(DATASET RECORDS Opens)

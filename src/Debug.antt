-- ===== src/Debug.antt =====
-- src/debug.rs: levels and formats, the lines of the log, and what is hidden in them. A text is the list
-- of its code points; the time of a line, and JSON, are arguments.
pub mod Redact
pub mod Scrubbed
pub mod Hidden
pub mod Levels
pub mod Tests
use holler_server.Prelude.{
  ℕ, suc, ◌-◌, Bool, true, false, List, [], ◌∷◌, ◌++◌, Option, none, some, if◌then◌else◌, length,
  ltb, zero,
}
use holler_server.Text.{codes}
use holler_server.Debug.Redact.{to_ascii_lowercase, same_text, redact_hlr_tokens}

pub data DebugLevel : Type 0 where
  off quiet noisy : DebugLevel

-- A value, or the text that is none.
pub data Parsed (A : Type 0) : Type 0 where
  ok : A → Parsed A
  err : List ℕ → Parsed A

unfoldable pub parse_level : List ℕ → Parsed DebugLevel
parse_level value =
    let name = to_ascii_lowercase value in
    if same_text name (codes "none")
    then ok DebugLevel.off
    else if same_text name (codes "quiet")
    then ok DebugLevel.quiet
    else if same_text name (codes "noisy")
    then ok DebugLevel.noisy
    else err value

-- The flag, else the variable, else the default.
abbrev resolved :
    {A : Type 0} → (List ℕ → Parsed A) → A → Option (List ℕ) → Option (List ℕ) → Parsed A
resolved parse default (some flag) env = parse flag
resolved parse default none (some value) = parse value
resolved parse default none none = ok default

unfoldable pub resolve_level : Option (List ℕ) → Option (List ℕ) → Parsed DebugLevel
unfolding parse_level
resolve_level flag env = resolved parse_level DebugLevel.off flag env

unfoldable pub level_name : DebugLevel → List ℕ
level_name DebugLevel.off = codes "none"
level_name DebugLevel.quiet = codes "quiet"
level_name DebugLevel.noisy = codes "noisy"

pub data LogFormat : Type 0 where
  text json : LogFormat

unfoldable parse_format : List ℕ → Parsed LogFormat
parse_format value =
    let name = to_ascii_lowercase value in
    if same_text name (codes "text")
    then ok text
    else if same_text name (codes "json")
    then ok json
    else err value

unfoldable pub resolve_format : Option (List ℕ) → Option (List ℕ) → Parsed LogFormat
unfolding parse_format
resolve_format flag env = resolved parse_format text flag env

pub record DebugConfig : Type 0 where
  pub level : DebugLevel
  pub format : LogFormat

abbrev is_on : DebugConfig → Bool
is_on cfg = elim cfg.level [ DebugLevel.off ↦ false | _ ↦ true ]

abbrev pub is_noisy : DebugConfig → Bool
is_noisy cfg = elim cfg.level [ DebugLevel.noisy ↦ true | _ ↦ false ]

pub data Severity : Type 0 where
  debug info warn : Severity

unfoldable severity_name : Severity → List ℕ
severity_name debug = codes "debug"
severity_name info = codes "info"
severity_name warn = codes "warn"

unfoldable severity_column : Severity → List ℕ
severity_column debug = codes "DEBUG"
severity_column info = codes "INFO "
severity_column warn = codes "WARN "

pub data Direction : Type 0 where
  out in_ local : Direction

unfoldable direction_column : Direction → List ℕ
direction_column out = codes "->"
direction_column in_ = codes "<-"
direction_column local = codes "  "

unfoldable direction_name : Direction → Option (List ℕ)
direction_name out = some (codes "out")
direction_name in_ = some (codes "in")
direction_name local = none

abbrev type_column_width : ℕ
type_column_width = 10

abbrev component_column_width : ℕ
component_column_width = 16

abbrev short_id_len : ℕ
short_id_len = 12

abbrev pub first : ℕ → List ℕ → List ℕ
first zero s = []
first (suc n) [] = []
first (suc n) (c ∷ s) = c ∷ first n s

unfoldable pub short : List ℕ → List ℕ
short value = first short_id_len value

pub record Event : Type 0 where
  pub cfg : DebugConfig
  pub severity : Severity
  pub dir : Direction
  pub component : List ℕ
  pub kind : List ℕ
  pub id : Option (List ℕ)
  pub peer : Option (List ℕ)
  pub fields : List (List ℕ × List ℕ)
  pub frame : Option (List ℕ)

abbrev pub new : DebugConfig → Severity → Direction → List ℕ → List ℕ → Event
new cfg severity dir component kind = record {
  cfg = cfg;
  severity = severity;
  dir = dir;
  component = component;
  kind = kind;
  id = none;
  peer = none;
  fields = [];
  frame = none;
}

unfoldable pub will_emit : Event → Bool
will_emit e = elim e.severity [ debug ↦ is_on e.cfg | _ ↦ true ]

-- The steps by which a line is built. A frame that cannot be written as JSON is none.
pub data Detail : Type 0 where
  id peer : List ℕ → Detail
  field : List ℕ → List ℕ → Detail
  frame : List ℕ → Detail
  frame_of : Option (List ℕ) → Detail

unfoldable pub add : Event → Detail → Event
unfolding will_emit redact_hlr_tokens
add e (id value) = record e { id = some value }
add e (peer value) = record e { peer = some value }
add e (field key value) =
    if will_emit e then record e { fields = e.fields ++ (key, value) ∷ [] } else e
add e (frame rendered) = if is_noisy e.cfg then record e { frame = some rendered } else e
add e (frame_of none) = e
add e (frame_of (some rendered)) =
    if is_noisy e.cfg then record e { frame = redact_hlr_tokens rendered } else e

unfoldable pub build : Event → List Detail → Event
unfolding add
build e [] = e
build e (d ∷ ds) = build (add e d) ds

abbrev space : List ℕ
space = codes " "

abbrev pub spaces : ℕ → List ℕ
spaces zero = []
spaces (suc n) = b' ' ∷ spaces n

-- `{:<width$}`
abbrev pub padded : ℕ → List ℕ → List ℕ
padded width s = s ++ spaces (width - length s)

abbrev labelled : List ℕ → Option (List ℕ) → List ℕ
labelled label none = []
labelled label (some value) = label ++ short value

abbrev fields_text : List (List ℕ × List ℕ) → List ℕ
fields_text [] = []
fields_text ((key, value) ∷ rest) = space ++ (key ++ (codes "=" ++ (value ++ fields_text rest)))

abbrev frame_text : Option (List ℕ) → List ℕ
frame_text none = []
frame_text (some f) = space ++ f

unfoldable pub render_text : List ℕ → Event → List ℕ
unfolding severity_column direction_column short
render_text ts e =
    ts
    ++ (space
        ++ (severity_column e.severity
            ++ (space
                ++ (direction_column e.dir
                    ++ (space
                        ++ (padded component_column_width e.component
                            ++ (space
                                ++ (padded type_column_width e.kind
                                    ++ (labelled (codes " id=") e.id
                                        ++ (labelled (codes " peer=") e.peer
                                            ++ (fields_text e.fields
                                                ++ frame_text e.frame)))))))))))

-- The line that serde_json writes, if it can; that it collects the fields in a map, and reads the frame
-- back as a value, is left to it.
pub record JsonLine : Type 0 where
  pub ts : List ℕ
  pub level : List ℕ
  pub verbosity : List ℕ
  pub component : List ℕ
  pub dir : Option (List ℕ)
  pub kind : List ℕ
  pub id : Option (List ℕ)
  pub peer : Option (List ℕ)
  pub fields : List (List ℕ × List ℕ)
  pub frame : Option (List ℕ)

abbrev or_unserializable : List ℕ → Option (List ℕ) → List ℕ
or_unserializable ts (some line) = line
or_unserializable ts none =
    codes "{\"ts\":\""
    ++ (ts ++ codes "\",\"level\":\"debug\",\"error\":\"unserializable log line\"}")

unfoldable pub render_json : (JsonLine → Option (List ℕ)) → List ℕ → Event → List ℕ
unfolding severity_name level_name direction_name
render_json to_string ts e = or_unserializable ts (
    to_string (record {
      ts = ts;
      level = severity_name e.severity;
      verbosity = level_name e.cfg.level;
      component = e.component;
      dir = direction_name e.dir;
      kind = e.kind;
      id = e.id;
      peer = e.peer;
      fields = e.fields;
      frame = e.frame;
    }))

-- What is written to the standard error output.
unfoldable pub emit : (JsonLine → Option (List ℕ)) → List ℕ → Event → Option (List ℕ)
unfolding will_emit render_text render_json
emit to_string ts e =
    let line : List ℕ = elim e.cfg.format [
      | text ↦ render_text ts e
      | json ↦ render_json to_string ts e
    ] in
    if will_emit e then some line else none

(DATASET RECORDS Closes)

• WORK REQUIRED:
Of all the entries above, retype exactly the lines from the line with "add e (id value)" to the line with "add e (frame_of (some", both included, and no others.

• RESPONSE:
add e (id value) = record e { id = some value }
add e (peer value) = record e { peer = some value }
add e (field key value) =
    if will_emit e then record e { fields = e.fields ++ (key, value) ∷ [] } else e
add e (frame rendered) = if is_noisy e.cfg then record e { frame = some rendered } else e
add e (frame_of none) = e
add e (frame_of (some rendered)) =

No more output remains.